Peel the shrimp and simmer the shells for 5 minutes or so in the water while you work on the rest of the recipe.

Marinate the shrimp in a mixture of ½ teaspoon of the sugar, 1 tablespoon soy sauce, the sliced garlic, salt, sherry, and 1 teaspoon of the sesame oil while you assemble the other ingredients.

Drain the shrimp shells, reserving ¾ cup of the stock.

If the green beans are tough, parboil them for 1 minute or so, then plunge them into ice water.

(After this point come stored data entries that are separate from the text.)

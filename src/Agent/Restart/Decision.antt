-- ===== src/Agent/Restart/Decision.antt =====
-- How often the restart policy evaluator lets an instance restart.
use wasmatrix.Prelude.{
  ℕ, ◌+◌, ◌*◌, ◌<◌, ◌≡◌, arith, List, [], ◌∷◌, length, Option, none, some, unwrap_or, leb,
  if◌then◌else◌, min,
}
use wasmatrix.Core.Types.{DateTime, RestartPolicy, on_failure}
use wasmatrix.Agent.Restart.{
  CrashInfo, new_crash_info, count_crash, u32_mod, u64_mod, should_restart, restart_by,
}
use wasmatrix.Agent.Restart.Backoff.{factor, calculate_backoff-exact}

-- the crash record after crashes at the given times
abbrev pub crash_all : List DateTime → CrashInfo → CrashInfo
crash_all [] info = info
crash_all (t ∷ ts) info = crash_all ts (count_crash t info)

crash_all-count :
    (ts : List DateTime) (info : CrashInfo)
    → info.crash_count + length ts < u32_mod
    → (crash_all ts info).crash_count ≡ info.crash_count + length ts
unfolding count_crash
crash_all-count [] info small = omega arith
crash_all-count (t ∷ ts) info small =
    let ih = crash_all-count ts (count_crash t info) (omega arith) in omega arith

abbrev pub on_failure_with : Option ℕ → Option ℕ → RestartPolicy
on_failure_with max_retries backoff = record {
  policy_type = on_failure;
  max_retries = max_retries;
  backoff_seconds = backoff;
}

pub should_restart-by_count :
    (info : CrashInfo) (max_retries backoff : Option ℕ)
    → unwrap_or backoff 5 * 256 < u64_mod
    → should_restart (on_failure_with max_retries backoff) info ≡ (
        if leb info.crash_count (unwrap_or max_retries info.crash_count)
        then some (min (unwrap_or backoff 5 * factor info.crash_count) 300)
        else none)
unfolding should_restart restart_by
should_restart-by_count info none backoff small =
    ground (arith, calculate_backoff-exact info (unwrap_or backoff 5) small)
should_restart-by_count info (some m) backoff small =
    ground (arith, calculate_backoff-exact info (unwrap_or backoff 5) small)

-- The decision after crashes at given times, fewer than 2^32, under an on-failure policy whose base
-- times 256 is below 2^64: with a limit it restarts exactly while the crashes are at most the limit, without
-- one always, each time after the exponential delay, with a base of five seconds if none is set.
pub should_restart-after_crashes :
    (ts : List DateTime) (max_retries backoff : Option ℕ)
    → length ts < u32_mod
    → unwrap_or backoff 5 * 256 < u64_mod
    → should_restart (on_failure_with max_retries backoff) (crash_all ts new_crash_info) ≡ (
        if leb (length ts) (unwrap_or max_retries (length ts))
        then some (min (unwrap_or backoff 5 * factor (length ts)) 300)
        else none)
should_restart-after_crashes ts max_retries backoff small base_small =
    let info = crash_all ts new_crash_info in
    let count = crash_all-count ts new_crash_info (omega arith) in
    ground (arith, should_restart-by_count info max_retries backoff base_small, count)
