-- ===== src/Core/Events.antt =====
-- `ExecutionEventRecorder` of crates/wasmatrix-core/src/lib.rs.
use wasmatrix.Prelude.{◌≡◌, refl, String, List, [], ◌∷◌, ◌++◌, ◌==◌, retain}
use wasmatrix.HashMap
use wasmatrix.Core.Types.{DateTime, ExecutionEvent, new_event, with_details}

pub record ExecutionEventRecorder : Type 0 where
  pub events : List ExecutionEvent

abbrev pub new_recorder : ExecutionEventRecorder
new_recorder = record { events = [] }

unfoldable pub record_event : ExecutionEventRecorder → ExecutionEvent → ExecutionEventRecorder
record_event r event = record r { events = r.events ++ (event ∷ []) }

unfoldable pub record_crash :
    ExecutionEventRecorder → DateTime → String → String → ExecutionEventRecorder
unfolding record_event new_event with_details
record_crash r now instance_id error = record_event r (
    with_details (new_event now "instance_crashed" instance_id)
      (HashMap.insert HashMap.empty "error" error))

unfoldable pub record_restart : ExecutionEventRecorder → DateTime → String → ExecutionEventRecorder
unfolding record_event new_event
record_restart r now instance_id = record_event r (new_event now "instance_restarted" instance_id)

unfoldable pub record_start : ExecutionEventRecorder → DateTime → String → ExecutionEventRecorder
unfolding record_event new_event
record_start r now instance_id = record_event r (new_event now "instance_started" instance_id)

unfoldable pub record_stop : ExecutionEventRecorder → DateTime → String → ExecutionEventRecorder
unfolding record_event new_event
record_stop r now instance_id = record_event r (new_event now "instance_stopped" instance_id)

abbrev pub get_events : ExecutionEventRecorder → List ExecutionEvent
get_events r = r.events

unfoldable pub get_events_for_instance : ExecutionEventRecorder → String → List ExecutionEvent
unfolding retain
get_events_for_instance r instance_id = retain (λ e. e.instance_id == instance_id) r.events

abbrev pub clear : ExecutionEventRecorder → ExecutionEventRecorder
clear r = record r { events = [] }

pub events-record_crash :
    (r : ExecutionEventRecorder) (now : DateTime) (i e : String)
    → (record_crash r now i e).events
      ≡ r.events
        ++ (with_details
              (new_event now "instance_crashed" i)
              (HashMap.insert HashMap.empty "error" e)
            ∷ [])
unfolding record_crash
events-record_crash r now i e = refl

pub events-record_restart :
    (r : ExecutionEventRecorder) (now : DateTime) (i : String)
    → (record_restart r now i).events ≡ r.events ++ (new_event now "instance_restarted" i ∷ [])
unfolding record_restart
events-record_restart r now i = refl

pub events-record_start :
    (r : ExecutionEventRecorder) (now : DateTime) (i : String)
    → (record_start r now i).events ≡ r.events ++ (new_event now "instance_started" i ∷ [])
unfolding record_start
events-record_start r now i = refl

pub events-record_stop :
    (r : ExecutionEventRecorder) (now : DateTime) (i : String)
    → (record_stop r now i).events ≡ r.events ++ (new_event now "instance_stopped" i ∷ [])
unfolding record_stop
events-record_stop r now i = refl
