-- ===== src/Agent/Node.antt =====
-- `NodeAgent` of crates/wasmatrix-agent/src/lib.rs. wasmtime is the parameter `engine`. A method that
-- changes the state returns its result beside the state after the call; `now` is the clock's reading
-- during the call.
pub mod Operations
pub mod Local
pub mod Runs
pub mod Soundness
use wasmatrix.Prelude.{
  ℕ, String, Bool, Option, none, some, List, [], ◌∷◌, unwrap_or, is_some, format, Result, ok, err,
  map_err, if◌then◌else◌,
}
use mathlib.Core.Option
use wasmatrix.HashMap
use wasmatrix.HashMap.{HashMap}
use wasmatrix.Core.Wasm.{lacks_magic}
use wasmatrix.Core.Types.{
  DateTime, CoreError, invalid_instance_id, CapabilityAssignment, RestartPolicy, InstanceStatus,
  running, stopped, crashed, ExecutionEvent,
}
use wasmatrix.Core.Events.{
  ExecutionEventRecorder, new_recorder, record_crash, record_restart, record_start, record_stop,
  get_events, get_events_for_instance,
}
use wasmatrix.Agent.Restart.{CrashInfo, new_crash_info, count_crash, should_restart}

-- what the agent uses of wasmtime: compiling a module, a fresh store, instantiating in a store; the
-- outcome may differ from one time to another
pub record Engine : Type 1 where
  pub Module : Type 0
  pub Store : Type 0
  pub Instance : Type 0
  pub compile : DateTime → List ℕ → Result Module String
  pub new_store : Store
  pub instantiate : DateTime → Store → Module → Result (Instance × Store) String

pub record InstanceHandle (engine : Engine) : Type 0 where
  pub instance_id : String
  pub store : engine.Store
  pub instance_of : engine.Instance
  pub module_bytes : List ℕ
  pub capabilities : List CapabilityAssignment
  pub restart_policy : RestartPolicy

pub record NodeAgent (engine : Engine) : Type 0 where
  pub instances : HashMap (InstanceHandle engine)
  pub crash_history : HashMap CrashInfo
  pub event_recorder : ExecutionEventRecorder
  pub crashed_instances : HashMap DateTime
  pub node_id : String

module _ (engine : Engine) where
  abbrev pub new_agent : String → NodeAgent engine
  new_agent node_id = record {
    instances = HashMap.empty;
    crash_history = HashMap.empty;
    event_recorder = new_recorder;
    crashed_instances = HashMap.empty;
    node_id = node_id;
  }

  -- the checks, the compilation and the instantiation of `start_instance_local`
  unfoldable pub launch :
      DateTime
      → String
      → List ℕ
      → List CapabilityAssignment
      → RestartPolicy
      → Result (InstanceHandle engine) CoreError
  launch now instance_id module_bytes capabilities restart_policy =
      if lacks_magic module_bytes
      then err (invalid_instance_id "Invalid Wasm module format")
      else elim (engine.compile now module_bytes) [
        | err e ↦ err (invalid_instance_id (format ("Failed to compile Wasm module: " ∷ e ∷ [])))
        | ok wasm ↦ elim (engine.instantiate now engine.new_store wasm) [
          | err e ↦
              err (invalid_instance_id (format ("Failed to instantiate Wasm module: " ∷ e ∷ [])))
          | ok (started, store) ↦ ok (record {
            instance_id = instance_id;
            store = store;
            instance_of = started;
            module_bytes = module_bytes;
            capabilities = capabilities;
            restart_policy = restart_policy;
          })
        ]
      ]

  unfoldable pub start_instance_local :
      DateTime
      → NodeAgent engine
      → String
      → List ℕ
      → List CapabilityAssignment
      → RestartPolicy
      → Result (Unit {0}) CoreError × NodeAgent engine
  start_instance_local now agent instance_id module_bytes capabilities restart_policy =
      elim (launch now instance_id module_bytes capabilities restart_policy) [
        | err e ↦ (err e, agent)
        | ok handle ↦ (
          ok tt,
          record agent {
            event_recorder = record_start agent.event_recorder now instance_id;
            instances = HashMap.insert agent.instances instance_id handle;
          },
        )
      ]

  unfoldable pub stop_instance_local :
      DateTime → NodeAgent engine → String → Result (Unit {0}) CoreError × NodeAgent engine
  stop_instance_local now agent instance_id =
      if HashMap.contains_key agent.instances instance_id
      then (
        ok tt,
        record agent {
          instances = HashMap.remove agent.instances instance_id;
          crashed_instances = HashMap.remove agent.crashed_instances instance_id;
          event_recorder = record_stop agent.event_recorder now instance_id;
        },
      )
      else (
        err (invalid_instance_id (format ("Instance " ∷ instance_id ∷ " not found" ∷ []))),
        agent,
      )

  unfoldable pub on_instance_crash :
      DateTime → NodeAgent engine → String → String → Option ℕ × NodeAgent engine
  on_instance_crash now agent instance_id error =
      let crash_info =
        count_crash now (unwrap_or (HashMap.get agent.crash_history instance_id) new_crash_info) in
      let after = record agent {
        event_recorder = record_crash agent.event_recorder now instance_id error;
        crashed_instances = HashMap.insert agent.crashed_instances instance_id now;
        crash_history = HashMap.insert agent.crash_history instance_id crash_info;
      } in
      elim (HashMap.get agent.instances instance_id) [
        | none ↦ (none, after)
        | some handle ↦ (should_restart handle.restart_policy crash_info, after)
      ]

  unfoldable pub get_instance_status : NodeAgent engine → String → InstanceStatus
  get_instance_status agent instance_id =
      if HashMap.contains_key agent.crashed_instances instance_id
      then crashed
      else if HashMap.contains_key agent.instances instance_id
      then running
      else stopped

  unfoldable pub get_crash_count : NodeAgent engine → String → ℕ
  get_crash_count agent instance_id =
      unwrap_or
        (Option.map (λ (info : CrashInfo). info.crash_count)
          (HashMap.get agent.crash_history instance_id))
        0

  unfoldable pub restart_instance :
      DateTime → NodeAgent engine → String → Result (Unit {0}) CoreError × NodeAgent engine
  unfolding start_instance_local stop_instance_local
  restart_instance now agent instance_id = elim (HashMap.get agent.instances instance_id) [
    | none ↦ (
      err (
          invalid_instance_id (format ("Instance " ∷ instance_id ∷ " not found for restart" ∷ []))),
      agent,
    )
    | some handle ↦
        let cleared = record agent {
          crashed_instances = HashMap.remove agent.crashed_instances instance_id;
        } in
        let (stopped_or, halted) = stop_instance_local now cleared instance_id in
        elim stopped_or [
          | err e ↦ (err e, halted)
          | ok _ ↦
              let (started_or, started) =
                start_instance_local now halted instance_id handle.module_bytes handle.capabilities
                  handle.restart_policy in
              elim started_or [
                | err e ↦ (err e, started)
                | ok _ ↦ (
                  ok tt,
                  record started {
                    event_recorder = record_restart started.event_recorder now instance_id;
                  },
                )
              ]
        ]
  ]

  unfoldable pub list_instances : NodeAgent engine → List String
  list_instances agent = HashMap.keys agent.instances

  unfoldable pub get_execution_events : NodeAgent engine → List ExecutionEvent
  get_execution_events agent = get_events agent.event_recorder

  unfoldable pub get_execution_events_for_instance : NodeAgent engine → String → List ExecutionEvent
  get_execution_events_for_instance agent instance_id =
      get_events_for_instance agent.event_recorder instance_id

If they are large, cut them into pieces.

When you are ready to cook, preheat a wok or 12-inch skillet over medium-high heat for 3 minutes.

Add 1 tablespoon of the peanut oil and raise the heat to medium high.

When it begins to smoke, add the minced garlic and, immediately thereafter, the shrimp and its marinade.

Cook the shrimp about 1 minute per side.

Spoon it out of the wok or skillet.

Put the remaining peanut oil in the wok, still over high heat, and when it smokes, add the ginger, followed immediately by the green beans.

Cook, stirring occasionally, until they are lightly browned, 3 to 5 minutes, then add the shrimp stock and let it bubble away for 1 or 2 minutes.

Return the shrimp to the wok and stir; add the chili-garlic paste, the scallions, and the remaining sugar and soy sauce.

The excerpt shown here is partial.